Отойдя от дерева, я оглянулся. И поклонился ему ещё раз.
Страшись в лесу не зверя, страшись незнакомого человека! Он сидел на гнилом бревне в двух шагах от тропинки. И смотрел на меня так, будто знал, что я здесь пройду. Он был молод и плохо одет. Он был один. Я его не боялся. Я не ускорил и не замедлил шагов: он того не стоил. Когда я поравнялся с ним, он сказал:
– Помоги, добрый человек.
Похоже было, он ожидал меня давно. Я остановился. Двое-трое лихих людей наверняка уже крались у меня за спиной. Ничего. Я успею услышать.
– Здесь живут недалеко, – сказал я ему.
Он опять улыбнулся. Он был тонок в поясе и узкоплеч, глаза слишком большие на прозрачном лице. Густые волосы схвачены на лбу ремешком. А за спиной у меня было тихо. Только ласковый ветер дышал запахом разогретой смолы.
– Боюсь, не дойти мне засветло одному, – проговорил он негромко. – Слаб я… болел.

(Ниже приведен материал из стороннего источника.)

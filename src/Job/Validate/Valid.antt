-- ===== src/Job/Validate/Valid.antt =====
-- What `validate` accepts, described without reference to its checks.
use yori.Common.{
  ℕ, ◌+◌, ◌≤◌, ◌≡◌, refl, ◌≢◌, ◌↔◌, true, false, Option, none, some, List, [], ◌∷◌, arith, pos, ltz,
  head?,
}
use yori.Common.{Text, contains_nul_iff, IsNulFree, length, All, ok, nat_eq, list_eq, empty}
use yori.Gpu.Uuid.{GpuUuid}
use yori.Job.Spec.{
  JobSpec, GpuPlacementMode, max_argument_count, max_argument_bytes, max_environment_bytes,
  max_working_directory_bytes, max_environment_variables, max_executable_bytes,
  max_python_version_bytes, max_launch_profile_bytes,
}
use yori.Job.Validate.{
  Check, validation_ok, check_arguments, check_environment, check_devices, check_placement,
  check_command, check_context, check_gpus, check_options, checks, validate, starts_with_slash,
  first_empty, bad_working_directory, bad_executable, bad_label, bad_logdir, python_version_of,
  settle,
}
use yori.Job.Validate.Components.{IsLogdir, is_valid_tensorboard_logdir_iff}
use yori.Job.Validate.Loops.{
  IsArgument, total_bytes, check_arguments_iff, IsVariable, total_pair_bytes, check_environment_iff,
  IsPlacement, check_placement_iff,
}

-- An absolute path of at most `limit` bytes.
pub record IsAbsolute (limit : ℕ) (path : Text) : Type 0 where
  pub within : length path ≤ limit
  pub nul_free : IsNulFree path
  pub absolute : starts_with_slash path ≡ true

pub record IsLabel (limit : ℕ) (text : Text) : Type 0 where
  pub some_byte : text ≢ []
  pub within : length text ≤ limit
  pub nul_free : IsNulFree text

-- A condition on the value of an optional, if it has one.
abbrev pub IfPresent : (Text → Type 0) → Option Text → Type 0
IfPresent P none = Unit
IfPresent P (some text) = P text

pub record HasCommand (spec : JobSpec) : Type 0 where
  pub not_root : spec.owner_uid ≢ 0
  pub some_command : head? spec.argv ≢ none
  pub named_command : head? spec.argv ≢ some []
  pub argument_count : length spec.argv ≤ max_argument_count
  pub arguments : All IsArgument spec.argv
  pub argument_bytes : total_bytes spec.argv ≤ max_argument_bytes

pub record HasContext (spec : JobSpec) : Type 0 where
  pub working_directory : IsAbsolute max_working_directory_bytes spec.cwd
  pub variable_count : length spec.env ≤ max_environment_variables
  pub variables : All IsVariable spec.env
  pub variable_bytes : total_pair_bytes spec.env ≤ max_environment_bytes

pub record HasGpus (spec : JobSpec) : Type 0 where
  pub one_gpu : spec.gpu_request ≡ 1
  pub placement : IsPlacement spec.gpu_placement.mode spec.gpu_placement.devices

pub record HasOptions (spec : JobSpec) : Type 0 where
  pub executable : IfPresent (IsAbsolute max_executable_bytes) spec.executable
  pub python_version :
      IfPresent (IsLabel max_python_version_bytes) (python_version_of spec.env_metadata)
  pub profile : IfPresent (IsLabel max_launch_profile_bytes) spec.launch_profile
  pub logdir : IfPresent IsLogdir spec.tensorboard_logdir
  pub submitted : ltz (pos 0) spec.submit_time ≡ true

pub record IsValidSpec (spec : JobSpec) : Type 0 where
  pub command : HasCommand spec
  pub context : HasContext spec
  pub gpus : HasGpus spec
  pub options : HasOptions spec

bad_working_directory_iff :
    (cwd : Text) → (bad_working_directory cwd ≡ false) ↔ IsAbsolute max_working_directory_bytes cwd
bad_working_directory_iff [] = ground arith
bad_working_directory_iff (c ∷ t) = ground (arith, contains_nul_iff (c ∷ t))

bad_executable_iff :
    (path : Option Text)
    → (bad_executable path ≡ false) ↔ IfPresent (IsAbsolute max_executable_bytes) path
bad_executable_iff none = ((λ h. tt), (λ h. refl))
bad_executable_iff (some []) = ground arith
bad_executable_iff (some (c ∷ t)) = ground (arith, contains_nul_iff (c ∷ t))

bad_label_iff :
    (limit : ℕ) (text : Option Text)
    → (bad_label limit text ≡ false) ↔ IfPresent (IsLabel limit) text
bad_label_iff limit none = ((λ h. tt), (λ h. refl))
bad_label_iff limit (some []) = ((λ h. ground arith), (λ h. absurd (h.some_byte refl)))
bad_label_iff limit (some (c ∷ t)) = ground (arith, contains_nul_iff (c ∷ t))

bad_logdir_iff : (path : Option Text) → (bad_logdir path ≡ false) ↔ IfPresent IsLogdir path
bad_logdir_iff none = ((λ h. tt), (λ h. refl))
bad_logdir_iff (some path) = ground (arith, is_valid_tensorboard_logdir_iff path)

command_iff :
    (argv : List Text)
    → ((empty argv ≡ false) × (first_empty argv ≡ false))
      ↔ ((head? argv ≢ none) × (head? argv ≢ some []))
command_iff [] = ground arith
command_iff ([] ∷ rest) = ground arith
command_iff ((c ∷ t) ∷ rest) = ground arith

-- No check fails with the code for success.
abbrev IsHonest : Check → Type 0
IsHonest m = validation_ok (settle m) ≡ true → m ≡ ok tt

check_arguments-IsHonest :
    (arguments : List Text) (index bytes : ℕ) → IsHonest (check_arguments arguments index bytes)
unfolding check_arguments
check_arguments-IsHonest [] index bytes h = refl
check_arguments-IsHonest (t ∷ ts) index bytes h =
    ground (arith, check_arguments-IsHonest ts (index + 1) (bytes + length t))

check_environment-IsHonest :
    (env : List (Text × Text)) (index bytes : ℕ) → IsHonest (check_environment env index bytes)
unfolding check_environment
check_environment-IsHonest [] index bytes h = refl
check_environment-IsHonest ((name, value) ∷ rest) index bytes h =
    ground (arith, check_environment-IsHonest rest (index + 1) (bytes + length name + length value))

check_devices-IsHonest : (prior devices : List GpuUuid) → IsHonest (check_devices prior devices)
unfolding check_devices
check_devices-IsHonest prior [] h = refl
check_devices-IsHonest prior (d ∷ ds) h = ground (arith, check_devices-IsHonest (d ∷ prior) ds)

check_placement-IsHonest :
    (mode : GpuPlacementMode) (devices : List GpuUuid) (request : ℕ)
    → IsHonest (check_placement mode devices request)
unfolding check_placement
check_placement-IsHonest mode devices request h = ground (arith, check_devices-IsHonest [] devices)

command-IsHonest : (spec : JobSpec) → IsHonest (check_command spec)
unfolding check_command
command-IsHonest spec h = ground (arith, check_arguments-IsHonest spec.argv 0 0)

context-IsHonest : (spec : JobSpec) → IsHonest (check_context spec)
unfolding check_context
context-IsHonest spec h = ground (arith, check_environment-IsHonest spec.env 0 0)

gpus-IsHonest : (spec : JobSpec) → IsHonest (check_gpus spec)
unfolding check_gpus
gpus-IsHonest spec h = ground (
  arith,
  check_placement-IsHonest spec.gpu_placement.mode spec.gpu_placement.devices spec.gpu_request,
)

options-IsHonest : (spec : JobSpec) → IsHonest (check_options spec)
unfolding check_options
options-IsHonest spec h = ground arith

checks-IsHonest : (spec : JobSpec) → IsHonest (checks spec)
unfolding checks
checks-IsHonest spec h =
    ground (
      arith,
      command-IsHonest spec,
      context-IsHonest spec,
      gpus-IsHonest spec,
      options-IsHonest spec,
    )

check_command_iff : (spec : JobSpec) → (check_command spec ≡ ok tt) ↔ HasCommand spec
unfolding check_command
check_command_iff spec = ground (arith, command_iff spec.argv, check_arguments_iff spec.argv 0 0)

check_context_iff : (spec : JobSpec) → (check_context spec ≡ ok tt) ↔ HasContext spec
unfolding check_context
check_context_iff spec =
    ground (arith, bad_working_directory_iff spec.cwd, check_environment_iff spec.env 0 0)

check_gpus_iff : (spec : JobSpec) → (check_gpus spec ≡ ok tt) ↔ HasGpus spec
unfolding check_gpus
check_gpus_iff spec =
    ground (arith, check_placement_iff spec.gpu_placement.mode spec.gpu_placement.devices)

check_options_iff : (spec : JobSpec) → (check_options spec ≡ ok tt) ↔ HasOptions spec
unfolding check_options
check_options_iff spec = ground (
  arith,
  bad_executable_iff spec.executable,
  bad_label_iff max_python_version_bytes (python_version_of spec.env_metadata),
  bad_label_iff max_launch_profile_bytes spec.launch_profile,
  bad_logdir_iff spec.tensorboard_logdir,
)

checks_iff : (spec : JobSpec) → (checks spec ≡ ok tt) ↔ IsValidSpec spec
unfolding checks
checks_iff spec = ground (
  arith,
  check_command_iff spec,
  check_context_iff spec,
  check_gpus_iff spec,
  check_options_iff spec,
)

-- `validate` reports success exactly for the specifications that `IsValidSpec` describes: a non-root
-- owner, arguments, environment and paths within their limits and without NUL, a placement of legal
-- devices, one GPU, well-formed options and a submission time after the epoch.
pub validate_iff : (spec : JobSpec) → (validation_ok (validate spec) ≡ true) ↔ IsValidSpec spec
unfolding validate
validate_iff spec =
    ((λ h. (checks_iff spec).0 (checks-IsHonest spec h)), (λ v. rw ((checks_iff spec).1 v)))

И почему я не шагнул мимо, бросив через плечо – вот беда, не сегодня, так завтра дойдёшь!.. Сам я никогда помощи не просил. Не привык. Срамом считал. Да и на что в дороге хворый товарищ, маета одна!.. Я дал ему руку. И он поднялся, оказавшись мне по плечо. Впрочем, сверху вниз на меня смотрели немногие.
– Меня Братилой звать, – сказал он виновато.
Я промолчал. Имя – часть души человеческой, годится ли поминать её всуе? Мало ли…
Так мы и пошли с ним дальше: я и этот Братила, опиравшийся одной рукой на посох, а другой – на мой локоть. Руку я дал ему левую. Правая, она для меча. Правую в дороге не занимай.
А потом чаща разомкнула перед нами свои зелёные двери, и я увидел людей. Друг за дружкой двигались по хлебному полю жнецы, мерно взмахивавшие серпами. Поле было общинное, работали всей деревней. Иные уже кончили и знай насмешничали, подбадривая соседей. А уж те старались вовсю! На моих глазах молоденькая девушка полоснула себя по руке и пала на колени, спешно перевязывая рану. Другие жнецы быстро оставляли её позади.
Но вот она выпрямилась – и увидела меня. Брати-ла-то сидел на земле, не в силах перевести дух. Девка испуганно крикнула, указывая серпом. Люди побросали работу, сидевшие разом обернулись, и я услышал:
– Хлебный Волк!..
Когда убирают хлеб, дух созревшего поля отступает перед разящим железом, пока не затаится в самом последнем снопе. И горе тому, кому достанется этот сноп! Сжавшись в комок, в нём сидит невидимый Волк. Тот, что всё лето весело играл тугими колосьями, заставляя поля волноваться на свежем ветру. Теперь его плодородная сила исчерпана. Теперь он способен творить одно только зло.